Stored data entries
◇ ◇ ◇

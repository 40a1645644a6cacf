-- ===== src/Migration/Refinement/Conditions.antt =====
-- CHECK constraints: the values of the revision's conditions in a row (alembic/versions) and those
-- of Schema.Checks.
use balotly_backend.Base.{true, ◌≡◌, refl, arith, string_eq}
use balotly_backend.Schema.Rows.{
  Organization, User, Contest, Category, Candidate, VotePackage, Subaccount, Transaction, Vote,
  Settlement,
}
use balotly_backend.Schema.Checks.{
  organization_checks, user_checks, contest_checks, candidate_checks, vote_package_checks,
  subaccount_checks, transaction_checks, settlement_checks,
}
use balotly_backend.Migration.Enforcement.{checks_accept}
use balotly_backend.Migration.Cells.{
  organization_cells, user_cells, contest_cells, category_cells, candidate_cells,
  vote_package_cells, subaccount_cells, transaction_cells, vote_cells, settlement_cells,
}
use balotly_backend.Migration.Revision.Accounts.{organizations, users}
use balotly_backend.Migration.Revision.Contests.{contests, categories, candidates, vote_packages}
use balotly_backend.Migration.Revision.Payments.{subaccounts, transactions, votes, settlements}

pub organization_conditions :
    (r : Organization)
    → checks_accept organizations.checks (organization_cells r) ≡ organization_checks r
unfolding organization_cells string_eq
organization_conditions r = ground arith

pub user_conditions : (r : User) → checks_accept users.checks (user_cells r) ≡ user_checks r
unfolding user_cells string_eq
user_conditions r = ground arith

pub contest_conditions :
    (r : Contest) → checks_accept contests.checks (contest_cells r) ≡ contest_checks r
unfolding contest_cells string_eq
contest_conditions r = ground arith

pub category_conditions : (r : Category) → checks_accept categories.checks (category_cells r) ≡ true
unfolding category_cells string_eq
category_conditions r = refl

pub candidate_conditions :
    (r : Candidate) → checks_accept candidates.checks (candidate_cells r) ≡ candidate_checks r
unfolding candidate_cells string_eq
candidate_conditions r = ground arith

pub vote_package_conditions :
    (r : VotePackage)
    → checks_accept vote_packages.checks (vote_package_cells r) ≡ vote_package_checks r
unfolding vote_package_cells string_eq
vote_package_conditions r = ground arith

pub subaccount_conditions :
    (r : Subaccount) → checks_accept subaccounts.checks (subaccount_cells r) ≡ subaccount_checks r
unfolding subaccount_cells string_eq
subaccount_conditions r = ground arith

pub transaction_conditions :
    (r : Transaction)
    → checks_accept transactions.checks (transaction_cells r) ≡ transaction_checks r
unfolding transaction_cells string_eq
transaction_conditions r = ground arith

pub vote_conditions : (r : Vote) → checks_accept votes.checks (vote_cells r) ≡ true
unfolding vote_cells string_eq
vote_conditions r = refl

pub settlement_conditions :
    (r : Settlement) → checks_accept settlements.checks (settlement_cells r) ≡ settlement_checks r
unfolding settlement_cells string_eq
settlement_conditions r = ground arith
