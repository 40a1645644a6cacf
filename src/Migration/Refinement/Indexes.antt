-- ===== src/Migration/Refinement/Indexes.antt =====
-- The indexes that the revision makes (alembic/versions), table by table.
use balotly_backend.Base.{String, [], ◌∷◌, string_eq}
use balotly_backend.Base.Dict.{Dict}
use balotly_backend.Migration.Catalog.{Index, plain_index, unique_index}
use balotly_backend.Migration.Revision.Payments.{identity_cap}

-- The indexes of each table, in the order in which the revision makes them.
abbrev pub organization_indexes : Dict String Index
organization_indexes = []

abbrev pub user_indexes : Dict String Index
user_indexes =
    ("ix_users_email", unique_index "users" ("email" ∷ []))
    ∷ ("ix_users_organization_id", plain_index "users" ("organization_id" ∷ []))
    ∷ []

abbrev pub contest_indexes : Dict String Index
contest_indexes =
    ("ix_contests_organization_id", plain_index "contests" ("organization_id" ∷ []))
    ∷ (
      "ix_contests_organization_status",
      plain_index "contests" ("organization_id" ∷ "status" ∷ []),
    )
    ∷ []

abbrev pub category_indexes : Dict String Index
category_indexes = ("ix_categories_contest_id", plain_index "categories" ("contest_id" ∷ [])) ∷ []

abbrev pub candidate_indexes : Dict String Index
candidate_indexes =
    ("ix_candidates_category_id", plain_index "candidates" ("category_id" ∷ []))
    ∷ ("ix_candidates_user_id", plain_index "candidates" ("user_id" ∷ []))
    ∷ ("ix_candidates_slug", unique_index "candidates" ("slug" ∷ []))
    ∷ ("ix_candidates_category_status", plain_index "candidates" ("category_id" ∷ "status" ∷ []))
    ∷ []

abbrev pub vote_package_indexes : Dict String Index
vote_package_indexes =
    ("ix_vote_packages_contest_id", plain_index "vote_packages" ("contest_id" ∷ [])) ∷ []

abbrev pub subaccount_indexes : Dict String Index
subaccount_indexes = []

abbrev pub transaction_indexes : Dict String Index
transaction_indexes =
    ("ix_transactions_candidate_id", plain_index "transactions" ("candidate_id" ∷ []))
    ∷ ("ix_transactions_vote_package_id", plain_index "transactions" ("vote_package_id" ∷ []))
    ∷ ("ix_transactions_contest_id", plain_index "transactions" ("contest_id" ∷ []))
    ∷ (
      "ix_transactions_paystack_reference",
      unique_index "transactions" ("paystack_reference" ∷ []),
    )
    ∷ (
      "ix_transactions_candidate_status",
      plain_index "transactions" ("candidate_id" ∷ "status" ∷ []),
    )
    ∷ ("ix_transactions_contest_status", plain_index "transactions" ("contest_id" ∷ "status" ∷ []))
    ∷ ("uq_transactions_identity_cap", identity_cap)
    ∷ []

abbrev pub vote_indexes : Dict String Index
vote_indexes =
    ("ix_votes_transaction_id", plain_index "votes" ("transaction_id" ∷ []))
    ∷ ("ix_votes_candidate_created", plain_index "votes" ("candidate_id" ∷ "created_at" ∷ []))
    ∷ []

abbrev pub settlement_indexes : Dict String Index
settlement_indexes =
    ("ix_settlements_candidate_id", plain_index "settlements" ("candidate_id" ∷ []))
    ∷ (
      "ix_settlements_candidate_status",
      plain_index "settlements" ("candidate_id" ∷ "status" ∷ []),
    )
    ∷ []
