-- ===== src/Migration/Refinement/Identity.antt =====
-- When two transactions clash: by the revision (alembic/versions) and by Schema.Constraints.
use balotly_backend.Base.{
  Bool, not, ◌&&◌, Option, none, some, eqb, ◌==◌, sym, ap, ◌∙◌, ◌||◌, ◌≡◌, refl, String, arith,
  string_eq,
}
use balotly_backend.Schema.Rows.{Transaction}
use balotly_backend.Schema.Constraints.{transaction_clash, holds_identity, same_text}
use balotly_backend.Migration.Conditions.{Row, string}
use balotly_backend.Migration.Enforcement.{rows_clash, is_indexed, same_value}
use balotly_backend.Migration.Cells.{transaction_cells, maybe}
use balotly_backend.Migration.Revision.Payments.{transactions, identity_cap}
use balotly_backend.Migration.Refinement.Indexes.{transaction_indexes}

-- The six tests that two transactions are compared by.
combine : (same_id same_reference held_a held_b same_contest same_matric : Bool) → Bool
combine i r a b c m = not i && (r || (a && b && c && m))

-- Whether a row stands in the partial index.
is_capped : Row → Bool
is_capped a = is_indexed identity_cap.predicate a

rows_clash-combine :
    (a b : Row)
    → rows_clash transactions transaction_indexes a b
      ≡ combine
          (same_value (a "id") (b "id"))
          (same_value (a "paystack_reference") (b "paystack_reference"))
          (is_capped a)
          (is_capped b)
          (same_value (a "contest_id") (b "contest_id"))
          (same_value (a "voter_matric_number") (b "voter_matric_number"))
unfolding combine is_capped
rows_clash-combine a b = ground arith

transaction_clash-combine :
    (a b : Transaction)
    → transaction_clash a b
      ≡ combine
          (eqb a.id b.id)
          (a.paystack_reference == b.paystack_reference)
          (holds_identity a)
          (holds_identity b)
          (eqb a.contest_id b.contest_id)
          (same_text a.voter_matric_number b.voter_matric_number)
unfolding combine
transaction_clash-combine a b = ground arith

is_capped-cells : (t : Transaction) → is_capped (transaction_cells t) ≡ holds_identity t
unfolding is_capped transaction_cells string_eq
is_capped-cells t = ground arith

same_matric-cells :
    (a b : Option String) → same_value (maybe string a) (maybe string b) ≡ same_text a b
same_matric-cells none b = refl
same_matric-cells (some s) none = refl
same_matric-cells (some s) (some t) = refl

pub transaction_pairs :
    (a b : Transaction)
    → rows_clash transactions transaction_indexes (transaction_cells a) (transaction_cells b)
      ≡ transaction_clash a b
unfolding transaction_cells string_eq
transaction_pairs a b =
    rows_clash-combine (transaction_cells a) (transaction_cells b)
    ∙ ap
        (λ h.
          combine (eqb a.id b.id) (a.paystack_reference == b.paystack_reference) h
            (is_capped (transaction_cells b)) (eqb a.contest_id b.contest_id)
            (same_value (maybe string a.voter_matric_number) (maybe string b.voter_matric_number)))
        (is_capped-cells a)
    ∙ ap
        (λ h.
          combine (eqb a.id b.id) (a.paystack_reference == b.paystack_reference) (holds_identity a)
            h (eqb a.contest_id b.contest_id)
            (same_value (maybe string a.voter_matric_number) (maybe string b.voter_matric_number)))
        (is_capped-cells b)
    ∙ ap
        (combine (eqb a.id b.id) (a.paystack_reference == b.paystack_reference) (holds_identity a)
          (holds_identity b) (eqb a.contest_id b.contest_id))
        (same_matric-cells a.voter_matric_number b.voter_matric_number)
    ∙ sym (transaction_clash-combine a b)
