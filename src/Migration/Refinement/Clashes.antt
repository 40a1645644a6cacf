-- ===== src/Migration/Refinement/Clashes.antt =====
-- UNIQUE constraints and unique indexes: when two rows clash by the revision (alembic/versions) and
-- by Schema.Constraints.
use balotly_backend.Base.{Bool, false, ◌≡◌, refl, List, [], ◌∷◌, map, arith, string_eq}
use balotly_backend.Schema.Rows.{
  Organization, User, Contest, Category, Candidate, VotePackage, Subaccount, Transaction, Vote,
  Settlement,
}
use balotly_backend.Schema.Table.{any}
use balotly_backend.Schema.Constraints.{
  user_clash, category_clash, candidate_clash, subaccount_clash, transaction_clash,
}
use balotly_backend.Migration.Conditions.{Row}
use balotly_backend.Migration.Enforcement.{rows_clash}
use balotly_backend.Migration.Cells.{
  organization_cells, user_cells, contest_cells, category_cells, candidate_cells,
  vote_package_cells, subaccount_cells, transaction_cells, vote_cells, settlement_cells,
}
use balotly_backend.Migration.Revision.Accounts.{organizations, users}
use balotly_backend.Migration.Revision.Contests.{contests, categories, candidates, vote_packages}
use balotly_backend.Migration.Revision.Payments.{subaccounts, transactions, votes, settlements}
use balotly_backend.Migration.Refinement.Indexes.{
  organization_indexes, user_indexes, contest_indexes, category_indexes, candidate_indexes,
  vote_package_indexes, subaccount_indexes, transaction_indexes, vote_indexes, settlement_indexes,
}
use balotly_backend.Migration.Refinement.Identity.{transaction_pairs}

pub any-map :
    {R : Type 0} (cells : R → Row) (p : Row → Bool) (q : R → Bool) (rs : List R)
    → ((r : R) → p (cells r) ≡ q r)
    → any p (map cells rs) ≡ any q rs
any-map cells p q [] h = refl
any-map cells p q (r ∷ rs) h = ground (arith, h r, any-map cells p q rs h)

pub any_never :
    {R : Type 0} (cells : R → Row) (p : Row → Bool) (rs : List R)
    → ((r : R) → p (cells r) ≡ false)
    → any p (map cells rs) ≡ false
any_never cells p [] h = refl
any_never cells p (r ∷ rs) h = ground (arith, h r, any_never cells p rs h)

organization_pairs :
    (a b : Organization)
    → rows_clash organizations organization_indexes (organization_cells a) (organization_cells b)
      ≡ false
organization_pairs a b = ground arith

pub organization_clashes :
    (r : Organization) (rs : List Organization)
    → any
        (rows_clash organizations organization_indexes (organization_cells r))
        (map organization_cells rs)
      ≡ false
organization_clashes r rs =
    any_never organization_cells
      (rows_clash organizations organization_indexes (organization_cells r)) rs
      (organization_pairs r)

user_pairs :
    (a b : User) → rows_clash users user_indexes (user_cells a) (user_cells b) ≡ user_clash a b
unfolding user_cells string_eq
user_pairs a b = ground arith

pub user_clashes :
    (r : User) (rs : List User)
    → any (rows_clash users user_indexes (user_cells r)) (map user_cells rs) ≡ any (user_clash r) rs
user_clashes r rs =
    any-map user_cells (rows_clash users user_indexes (user_cells r)) (user_clash r) rs
      (user_pairs r)

contest_pairs :
    (a b : Contest)
    → rows_clash contests contest_indexes (contest_cells a) (contest_cells b) ≡ false
contest_pairs a b = ground arith

pub contest_clashes :
    (r : Contest) (rs : List Contest)
    → any (rows_clash contests contest_indexes (contest_cells r)) (map contest_cells rs) ≡ false
contest_clashes r rs =
    any_never contest_cells (rows_clash contests contest_indexes (contest_cells r)) rs
      (contest_pairs r)

category_pairs :
    (a b : Category)
    → rows_clash categories category_indexes (category_cells a) (category_cells b)
      ≡ category_clash a b
unfolding category_cells string_eq
category_pairs a b = ground arith

pub category_clashes :
    (r : Category) (rs : List Category)
    → any (rows_clash categories category_indexes (category_cells r)) (map category_cells rs)
      ≡ any (category_clash r) rs
category_clashes r rs =
    any-map category_cells (rows_clash categories category_indexes (category_cells r))
      (category_clash r) rs (category_pairs r)

candidate_pairs :
    (a b : Candidate)
    → rows_clash candidates candidate_indexes (candidate_cells a) (candidate_cells b)
      ≡ candidate_clash a b
unfolding candidate_cells string_eq
candidate_pairs a b = ground arith

pub candidate_clashes :
    (r : Candidate) (rs : List Candidate)
    → any (rows_clash candidates candidate_indexes (candidate_cells r)) (map candidate_cells rs)
      ≡ any (candidate_clash r) rs
candidate_clashes r rs =
    any-map candidate_cells (rows_clash candidates candidate_indexes (candidate_cells r))
      (candidate_clash r) rs (candidate_pairs r)

vote_package_pairs :
    (a b : VotePackage)
    → rows_clash vote_packages vote_package_indexes (vote_package_cells a) (vote_package_cells b)
      ≡ false
vote_package_pairs a b = ground arith

pub vote_package_clashes :
    (r : VotePackage) (rs : List VotePackage)
    → any
        (rows_clash vote_packages vote_package_indexes (vote_package_cells r))
        (map vote_package_cells rs)
      ≡ false
vote_package_clashes r rs =
    any_never vote_package_cells
      (rows_clash vote_packages vote_package_indexes (vote_package_cells r)) rs
      (vote_package_pairs r)

subaccount_pairs :
    (a b : Subaccount)
    → rows_clash subaccounts subaccount_indexes (subaccount_cells a) (subaccount_cells b)
      ≡ subaccount_clash a b
unfolding subaccount_cells string_eq
subaccount_pairs a b = ground arith

pub subaccount_clashes :
    (r : Subaccount) (rs : List Subaccount)
    → any (rows_clash subaccounts subaccount_indexes (subaccount_cells r)) (map subaccount_cells rs)
      ≡ any (subaccount_clash r) rs
subaccount_clashes r rs =
    any-map subaccount_cells (rows_clash subaccounts subaccount_indexes (subaccount_cells r))
      (subaccount_clash r) rs (subaccount_pairs r)

pub transaction_clashes :
    (r : Transaction) (rs : List Transaction)
    → any
        (rows_clash transactions transaction_indexes (transaction_cells r))
        (map transaction_cells rs)
      ≡ any (transaction_clash r) rs
transaction_clashes r rs =
    any-map transaction_cells (rows_clash transactions transaction_indexes (transaction_cells r))
      (transaction_clash r) rs (transaction_pairs r)

vote_pairs : (a b : Vote) → rows_clash votes vote_indexes (vote_cells a) (vote_cells b) ≡ false
vote_pairs a b = ground arith

pub vote_clashes :
    (r : Vote) (rs : List Vote)
    → any (rows_clash votes vote_indexes (vote_cells r)) (map vote_cells rs) ≡ false
vote_clashes r rs =
    any_never vote_cells (rows_clash votes vote_indexes (vote_cells r)) rs (vote_pairs r)

settlement_pairs :
    (a b : Settlement)
    → rows_clash settlements settlement_indexes (settlement_cells a) (settlement_cells b) ≡ false
settlement_pairs a b = ground arith

pub settlement_clashes :
    (r : Settlement) (rs : List Settlement)
    → any (rows_clash settlements settlement_indexes (settlement_cells r)) (map settlement_cells rs)
      ≡ false
settlement_clashes r rs =
    any_never settlement_cells (rows_clash settlements settlement_indexes (settlement_cells r)) rs
      (settlement_pairs r)
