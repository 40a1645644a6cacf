-- ===== src/Migration/Refinement.antt =====
-- The tests of Schema.Constraints beside those of the catalog that the revision makes
-- (alembic/versions).
pub mod Columns
pub mod Conditions
pub mod Indexes
pub mod Identity
pub mod Clashes
pub mod Targets
use balotly_backend.Base.{
  Option, some, Bool, true, false, not, ◌≡◌, refl, ◌∙◌, ap, String, List, map, arith, string_eq,
}
use balotly_backend.Base.Dict.{Dict}
use balotly_backend.Schema.Rows.{
  Organization, User, Contest, Category, Candidate, VotePackage, Subaccount, Transaction, Vote,
  Settlement,
}
use balotly_backend.Schema.Table.{any}
use balotly_backend.Schema.Checks.{
  organization_types, user_types, contest_types, category_types, candidate_types,
  vote_package_types, subaccount_types, transaction_types, settlement_types, organization_checks,
  user_checks, contest_checks, candidate_checks, vote_package_checks, subaccount_checks,
  transaction_checks, settlement_checks,
}
use balotly_backend.Schema.Constraints.{
  user_clash, category_clash, candidate_clash, subaccount_clash, transaction_clash,
  organization_refs, user_refs, contest_refs, category_refs, candidate_refs, vote_package_refs,
  subaccount_refs, transaction_refs, vote_refs, settlement_refs, validate_organization,
  validate_user, validate_contest, validate_category, validate_candidate, validate_vote_package,
  validate_subaccount, validate_transaction, validate_vote, validate_settlement,
}
use balotly_backend.Schema.Database.{
  Database, Result, ◌>>◌, require, out_of_range, check_violation, unique_violation,
  foreign_key_violation,
}
use balotly_backend.Migration.Conditions.{Row}
use balotly_backend.Migration.Catalog.{Table, Index}
use balotly_backend.Migration.Operations.{migrate, apply}
use balotly_backend.Migration.Enforcement.{
  columns_accept, checks_accept, rows_clash, targets_there, enforce, validate,
}
use balotly_backend.Migration.Cells.{
  organization_cells, user_cells, contest_cells, category_cells, candidate_cells,
  vote_package_cells, subaccount_cells, transaction_cells, vote_cells, settlement_cells, tables_of,
}
use balotly_backend.Migration.Writes.{
  Write, of_organization, of_user, of_contest, of_category, of_candidate, of_vote_package,
  of_subaccount, of_transaction, of_vote, of_settlement, table_of, cells_of, validate_write,
}
use balotly_backend.Migration.Revision.Accounts.{organizations, users}
use balotly_backend.Migration.Revision.Contests.{contests, categories, candidates, vote_packages}
use balotly_backend.Migration.Revision.Payments.{subaccounts, transactions, votes, settlements}
use balotly_backend.Migration.Revision.{upgrade}
use balotly_backend.Migration.Revision.Roundtrip.{upgraded, catalog_of}
use balotly_backend.Migration.Refinement.Columns.{
  organization_columns, user_columns, contest_columns, category_columns, candidate_columns,
  vote_package_columns, subaccount_columns, transaction_columns, vote_columns, settlement_columns,
}
use balotly_backend.Migration.Refinement.Conditions.{
  organization_conditions, user_conditions, contest_conditions, category_conditions,
  candidate_conditions, vote_package_conditions, subaccount_conditions, transaction_conditions,
  vote_conditions, settlement_conditions,
}
use balotly_backend.Migration.Refinement.Indexes.{
  organization_indexes, user_indexes, contest_indexes, category_indexes, candidate_indexes,
  vote_package_indexes, subaccount_indexes, transaction_indexes, vote_indexes, settlement_indexes,
}
use balotly_backend.Migration.Refinement.Clashes.{
  organization_clashes, user_clashes, contest_clashes, category_clashes, candidate_clashes,
  vote_package_clashes, subaccount_clashes, transaction_clashes, vote_clashes, settlement_clashes,
}
use balotly_backend.Migration.Refinement.Targets.{
  organization_targets, user_targets, contest_targets, category_targets, candidate_targets,
  vote_package_targets, subaccount_targets, transaction_targets, vote_targets, settlement_targets,
  linked_organizations,
}

-- The four tests in their order.
abbrev decide : (types checks clashes targets : Bool) → Result (Unit {0})
decide types checks clashes targets = do
  require types out_of_range
  require checks check_violation
  require (not clashes) unique_violation
  require targets foreign_key_violation

enforce-decide :
    (t : Table) (is : Dict String Index) (rows : List Row) (tables : String → List Row) (r : Row)
    {types checks clashes targets : Bool}
    → columns_accept t.columns r ≡ types
    → checks_accept t.checks r ≡ checks
    → any (rows_clash t is r) rows ≡ clashes
    → targets_there t.foreign_keys tables r ≡ targets
    → enforce t is rows tables r ≡ decide types checks clashes targets
enforce-decide t is rows tables r {types} {checks} {clashes} {targets} a b c d =
    ap
      (λ x.
        decide x (checks_accept t.checks r) (any (rows_clash t is r) rows)
          (targets_there t.foreign_keys tables r))
      a
    ∙ ap
        (λ x. decide types x (any (rows_clash t is r) rows) (targets_there t.foreign_keys tables r))
        b
    ∙ ap (λ x. decide types checks x (targets_there t.foreign_keys tables r)) c
    ∙ ap (decide types checks clashes) d

organization_validated :
    (db : Database) (r : Organization)
    → validate upgraded "organizations" (tables_of db) (organization_cells r)
      ≡ some (validate_organization db r)
unfolding validate upgraded catalog_of upgrade migrate apply validate_organization tables_of
    string_eq
organization_validated db r = ap some (
    enforce-decide linked_organizations organization_indexes
      (map organization_cells db.organizations) (tables_of db) (organization_cells r)
      (organization_columns r) (organization_conditions r) (organization_clashes r db.organizations)
      (organization_targets db r))

user_validated :
    (db : Database) (r : User)
    → validate upgraded "users" (tables_of db) (user_cells r) ≡ some (validate_user db r)
unfolding validate upgraded catalog_of upgrade migrate apply validate_user tables_of string_eq
user_validated db r = ap some (
    enforce-decide users user_indexes (map user_cells db.users) (tables_of db) (user_cells r)
      (user_columns r) (user_conditions r) (user_clashes r db.users) (user_targets db r))

contest_validated :
    (db : Database) (r : Contest)
    → validate upgraded "contests" (tables_of db) (contest_cells r) ≡ some (validate_contest db r)
unfolding validate upgraded catalog_of upgrade migrate apply validate_contest tables_of string_eq
contest_validated db r = ap some (
    enforce-decide contests contest_indexes (map contest_cells db.contests) (tables_of db)
      (contest_cells r) (contest_columns r) (contest_conditions r) (contest_clashes r db.contests)
      (contest_targets db r))

category_validated :
    (db : Database) (r : Category)
    → validate upgraded "categories" (tables_of db) (category_cells r)
      ≡ some (validate_category db r)
unfolding validate upgraded catalog_of upgrade migrate apply validate_category tables_of string_eq
category_validated db r = ap some (
    enforce-decide categories category_indexes (map category_cells db.categories) (tables_of db)
      (category_cells r) (category_columns r) (category_conditions r)
      (category_clashes r db.categories) (category_targets db r))

candidate_validated :
    (db : Database) (r : Candidate)
    → validate upgraded "candidates" (tables_of db) (candidate_cells r)
      ≡ some (validate_candidate db r)
unfolding validate upgraded catalog_of upgrade migrate apply validate_candidate tables_of string_eq
candidate_validated db r = ap some (
    enforce-decide candidates candidate_indexes (map candidate_cells db.candidates) (tables_of db)
      (candidate_cells r) (candidate_columns r) (candidate_conditions r)
      (candidate_clashes r db.candidates) (candidate_targets db r))

vote_package_validated :
    (db : Database) (r : VotePackage)
    → validate upgraded "vote_packages" (tables_of db) (vote_package_cells r)
      ≡ some (validate_vote_package db r)
unfolding validate upgraded catalog_of upgrade migrate apply validate_vote_package tables_of
    string_eq
vote_package_validated db r = ap some (
    enforce-decide vote_packages vote_package_indexes (map vote_package_cells db.vote_packages)
      (tables_of db) (vote_package_cells r) (vote_package_columns r) (vote_package_conditions r)
      (vote_package_clashes r db.vote_packages) (vote_package_targets db r))

subaccount_validated :
    (db : Database) (r : Subaccount)
    → validate upgraded "subaccounts" (tables_of db) (subaccount_cells r)
      ≡ some (validate_subaccount db r)
unfolding validate upgraded catalog_of upgrade migrate apply validate_subaccount tables_of string_eq
subaccount_validated db r = ap some (
    enforce-decide subaccounts subaccount_indexes (map subaccount_cells db.subaccounts)
      (tables_of db) (subaccount_cells r) (subaccount_columns r) (subaccount_conditions r)
      (subaccount_clashes r db.subaccounts) (subaccount_targets db r))

transaction_validated :
    (db : Database) (r : Transaction)
    → validate upgraded "transactions" (tables_of db) (transaction_cells r)
      ≡ some (validate_transaction db r)
unfolding validate upgraded catalog_of upgrade migrate apply validate_transaction tables_of
    string_eq
transaction_validated db r = ap some (
    enforce-decide transactions transaction_indexes (map transaction_cells db.transactions)
      (tables_of db) (transaction_cells r) (transaction_columns r) (transaction_conditions r)
      (transaction_clashes r db.transactions) (transaction_targets db r))

vote_validated :
    (db : Database) (r : Vote)
    → validate upgraded "votes" (tables_of db) (vote_cells r) ≡ some (validate_vote db r)
unfolding validate upgraded catalog_of upgrade migrate apply validate_vote tables_of string_eq
vote_validated db r = ap some (
    enforce-decide votes vote_indexes (map vote_cells db.votes) (tables_of db) (vote_cells r)
      (vote_columns r) (vote_conditions r) (vote_clashes r db.votes) (vote_targets db r))

settlement_validated :
    (db : Database) (r : Settlement)
    → validate upgraded "settlements" (tables_of db) (settlement_cells r)
      ≡ some (validate_settlement db r)
unfolding validate upgraded catalog_of upgrade migrate apply validate_settlement tables_of string_eq
settlement_validated db r = ap some (
    enforce-decide settlements settlement_indexes (map settlement_cells db.settlements)
      (tables_of db) (settlement_cells r) (settlement_columns r) (settlement_conditions r)
      (settlement_clashes r db.settlements) (settlement_targets db r))

-- For every row of the models and every database, what PostgreSQL asks of the row by the catalog that
-- the revision makes, read column by column and condition by condition, is what the tests of its table
-- ask, with the same error where it is refused.
pub validate-write :
    (w : Write) (db : Database)
    → validate upgraded (table_of w) (tables_of db) (cells_of w) ≡ some (validate_write db w)
validate-write (of_organization r) db = organization_validated db r
validate-write (of_user r) db = user_validated db r
validate-write (of_contest r) db = contest_validated db r
validate-write (of_category r) db = category_validated db r
validate-write (of_candidate r) db = candidate_validated db r
validate-write (of_vote_package r) db = vote_package_validated db r
validate-write (of_subaccount r) db = subaccount_validated db r
validate-write (of_transaction r) db = transaction_validated db r
validate-write (of_vote r) db = vote_validated db r
validate-write (of_settlement r) db = settlement_validated db r
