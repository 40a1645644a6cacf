-- ===== src/Migration/Simulation.antt =====
-- Commands as PostgreSQL runs them by the revision's catalog (alembic/versions), beside
-- Schema.Statements.
pub mod Stores
pub mod Writing
pub mod Writes
pub mod Referrers
pub mod Cascades
pub mod Restrictions
pub mod Erasure
pub mod Nothing
pub mod Deletes
pub mod Histories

◇ ◇ ◇

--- DIRECTIONS ---
Return every line of the entries above that the string "PostgreSQL" appears in.

--- RESPONSE BELOW ---
-- For every row of the models and every database, what PostgreSQL asks of the row by the catalog that
-- Commands as PostgreSQL runs them by the revision's catalog (alembic/versions), beside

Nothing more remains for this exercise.